Find the line that contains "unfoldable pub unlink_behind", then repeat it and each line after it to the end of the records, exactly.
** Opening Extracted information block **
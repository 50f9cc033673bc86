-- ===== src/Reference.antt =====
-- reference/tm.c: a transactional memory on one read-write lock, with a doubly linked list of the
-- segments that transactions have allocated. Results of malloc, of posix_memalign and of the lock's
-- calls are arguments. A result `none` is an access through a pointer to no node, or, where a
-- comment says so, a call that has to wait.
pub mod Lock
pub mod Chain
pub mod Segments
pub mod Unlink
pub mod Snapshot
pub mod Lifecycle
mod Tests
pub mod Refinement
pub mod Refine
pub mod Destroy
pub mod Runs
use concurrent_project.Prelude.{
  ℕ, zero, suc, ◌+◌, ◌-◌, ◌%◌, ◌^◌, Bool, true, false, Option, none, some, List, [], ◌∷◌, ltb, ◌==◌,
  if◌then◌else◌, ◌>>=◌,
}
use concurrent_project.Heap.{Memory, update, memcpy, memset}
use concurrent_project.SharedMutex.{SharedMutex}
use concurrent_project.Api.{Alloc, success, nomem}
use concurrent_project.Reference.Lock.{
  shared_lock_init, shared_lock_acquire, shared_lock_acquire_shared, shared_lock_release,
  shared_lock_release_shared,
}

abbrev pub read_only_tx : ℕ
read_only_tx = 2 ^ 64 - 1 - 10

abbrev pub read_write_tx : ℕ
read_write_tx = 2 ^ 64 - 1 - 11

abbrev pub invalid_tx : ℕ
invalid_tx = 2 ^ 64 - 1

-- `struct segment_node`
pub record SegmentNode : Type 0 where
  pub prev : ℕ
  pub next : ℕ

abbrev pub node : (prev next : ℕ) → SegmentNode
node prev next = record { prev = prev; next = next }

abbrev pub node_size : ℕ
node_size = 16

-- A block on the heap that begins with a node, or any other.
pub data Block : Type 0 where
  plain : Block
  linked : SegmentNode → Block

-- The live blocks by their addresses, and the bytes of the segments.
pub record Store : Type 0 where
  pub blocks : ℕ → Option Block
  pub memory : Memory

-- `struct region`
pub record Region : Type 0 where
  pub lock : SharedMutex
  pub start : ℕ
  pub allocs : ℕ
  pub size : ℕ
  pub align : ℕ

abbrev pub allocate : (address : ℕ) → Block → Store → Store
allocate address block s = record s { blocks = update s.blocks address (some block) }

abbrev pub release : (address : ℕ) → Store → Store
release address s = record s { blocks = update s.blocks address none }

-- `none` is invalid_shared.
unfoldable pub tm_create :
    (malloc memalign : Option ℕ) → (init_code size align : ℕ) → Store → Option (ℕ × Region) × Store
unfolding shared_lock_init
tm_create none memalign init_code size align s = (none, s)
tm_create (some region) none init_code size align s =
    let s1 = allocate region plain s in (none, release region s1)
tm_create (some region) (some start) init_code size align s =
    let s2 = allocate start plain (allocate region plain s) in
    elim (shared_lock_init init_code) [
      | none ↦ (none, release region (release start s2))
      | some lock ↦ (
        some
            (region, record { lock = lock; start = start; allocs = 0; size = size; align = align }),
        record s2 { memory = memset s2.memory start 0 size },
      )
    ]

-- `p->prev` and `p->next` of a node, read and written.
abbrev pub as_node : Option Block → Option SegmentNode
as_node none = none
as_node (some plain) = none
as_node (some (linked n)) = some n

unfoldable pub node_at : ℕ → Store → Option SegmentNode
node_at p s = as_node (s.blocks p)

unfoldable pub set_prev : (p prev : ℕ) → Store → Option Store
unfolding node_at
set_prev p prev s = do n ← node_at p s; some (allocate p (linked (record n { prev = prev })) s)

unfoldable pub set_next : (p next : ℕ) → Store → Option Store
unfolding node_at
set_next p next s = do n ← node_at p s; some (allocate p (linked (record n { next = next })) s)

-- The loop that frees the list of segments, on fuel.
unfoldable pub free_allocs : (fuel : ℕ) → (allocs : ℕ) → Store → Option Store
unfolding node_at
free_allocs zero allocs s = none
free_allocs (suc fuel) allocs s = elim (allocs == 0) [
  | true ↦ some s
  | false ↦ elim (node_at allocs s) [
    | none ↦ none
    | some n ↦ free_allocs fuel n.next (release allocs s)
  ]
]

-- `shared_lock_cleanup`, which gives back what the system keeps for the lock, changes nothing of the model.
unfoldable pub tm_destroy : (fuel shared : ℕ) → Region → Store → Option Store
unfolding free_allocs
tm_destroy fuel shared r s = do
  s ← free_allocs fuel r.allocs s
  some (release shared (release r.start s))

unfoldable pub tm_start : Region → ℕ
tm_start r = r.start

unfoldable pub tm_size : Region → ℕ
tm_size r = r.size

unfoldable pub tm_align : Region → ℕ
tm_align r = r.align

-- `none`: the caller waits for the lock.
unfoldable pub tm_begin : (is_ro : Bool) → (code : ℕ) → Region → Option (ℕ × Region)
unfolding shared_lock_acquire shared_lock_acquire_shared
tm_begin is_ro code r =
    if is_ro
    then (do
      (ok, lock) ← shared_lock_acquire_shared code r.lock
      some (if ok then read_only_tx else invalid_tx, record r { lock = lock }))
    else do
      (ok, lock) ← shared_lock_acquire code r.lock
      some (if ok then read_write_tx else invalid_tx, record r { lock = lock })

unfoldable pub tm_end : (tx : ℕ) → Region → Bool × Region
unfolding shared_lock_release shared_lock_release_shared
tm_end tx r =
    if tx == read_only_tx
    then (true, record r { lock = shared_lock_release_shared r.lock })
    else (true, record r { lock = shared_lock_release r.lock })

unfoldable pub tm_read : (source size target : ℕ) → Store → Bool × Store
tm_read source size target s = (true, record s { memory = memcpy s.memory target source size })

unfoldable pub tm_write : (source size target : ℕ) → Store → Bool × Store
tm_write source size target s = (true, record s { memory = memcpy s.memory target source size })

-- The alignment that tm_alloc asks for.
abbrev pub alloc_align : (align : ℕ) → ℕ
alloc_align align = if ltb align 8 then 8 else align

-- `memalign` gives the address of a block for an alignment and a size. Beside the result there is the
-- address of the segment.
unfoldable pub tm_alloc :
    (memalign : (align size : ℕ) → Option ℕ)
    → (size : ℕ) → Region
    → Store
    → Option (Alloc × ℕ × Region × Store)
unfolding set_prev
tm_alloc memalign size r s = elim (memalign (alloc_align r.align) (node_size + size)) [
  | none ↦ some (nomem, 0, r, s)
  | some sn ↦ do
    s ←
        if r.allocs == 0
        then some (allocate sn (linked (node 0 r.allocs)) s)
        else set_prev r.allocs sn (allocate sn (linked (node 0 r.allocs)) s)
    some (
      success,
      sn + node_size,
      record r { allocs = sn },
      record s { memory = memset s.memory (sn + node_size) 0 size },
    )
]

-- `sn->prev->next = sn->next`, or the list begins behind `sn`.
unfoldable pub unlink_before : (sn : ℕ) → Region → Store → Option (Region × Store)
unfolding node_at set_next
unlink_before sn r s = do
  n ← node_at sn s
  if n.prev == 0
      then some (record r { allocs = n.next }, s)
      else do s ← set_next n.prev n.next s; some (r, s)

-- `sn->next->prev = sn->prev`, if there is a next node.
unfoldable pub unlink_behind : (sn : ℕ) → Store → Option Store
unfolding node_at set_prev
unlink_behind sn s = do n ← node_at sn s; if n.next == 0 then some s else set_prev n.next n.prev s

unfoldable pub tm_free : (segment : ℕ) → Region → Store → Option (Bool × Region × Store)
unfolding unlink_before unlink_behind
tm_free segment r s =
    let sn = (segment + 2 ^ 64 - node_size) % 2 ^ 64 in
    do (r, s) ← unlink_before sn r s; s ← unlink_behind sn s; some (true, r, release sn s)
** Closing Extracted information block **
| Answer space |
unfoldable pub unlink_behind : (sn : ℕ) → Store → Option Store
unfolding node_at set_prev
unlink_behind sn s = do n ← node_at sn s; if n.next == 0 then some s else set_prev n.next n.prev s

unfoldable pub tm_free : (segment : ℕ) → Region → Store → Option (Bool × Region × Store)
unfolding unlink_before unlink_behind
tm_free segment r s =
    let sn = (segment + 2 ^ 64 - node_size) % 2 ^ 64 in
    do (r, s) ← unlink_before sn r s; s ← unlink_behind sn s; some (true, r, release sn s)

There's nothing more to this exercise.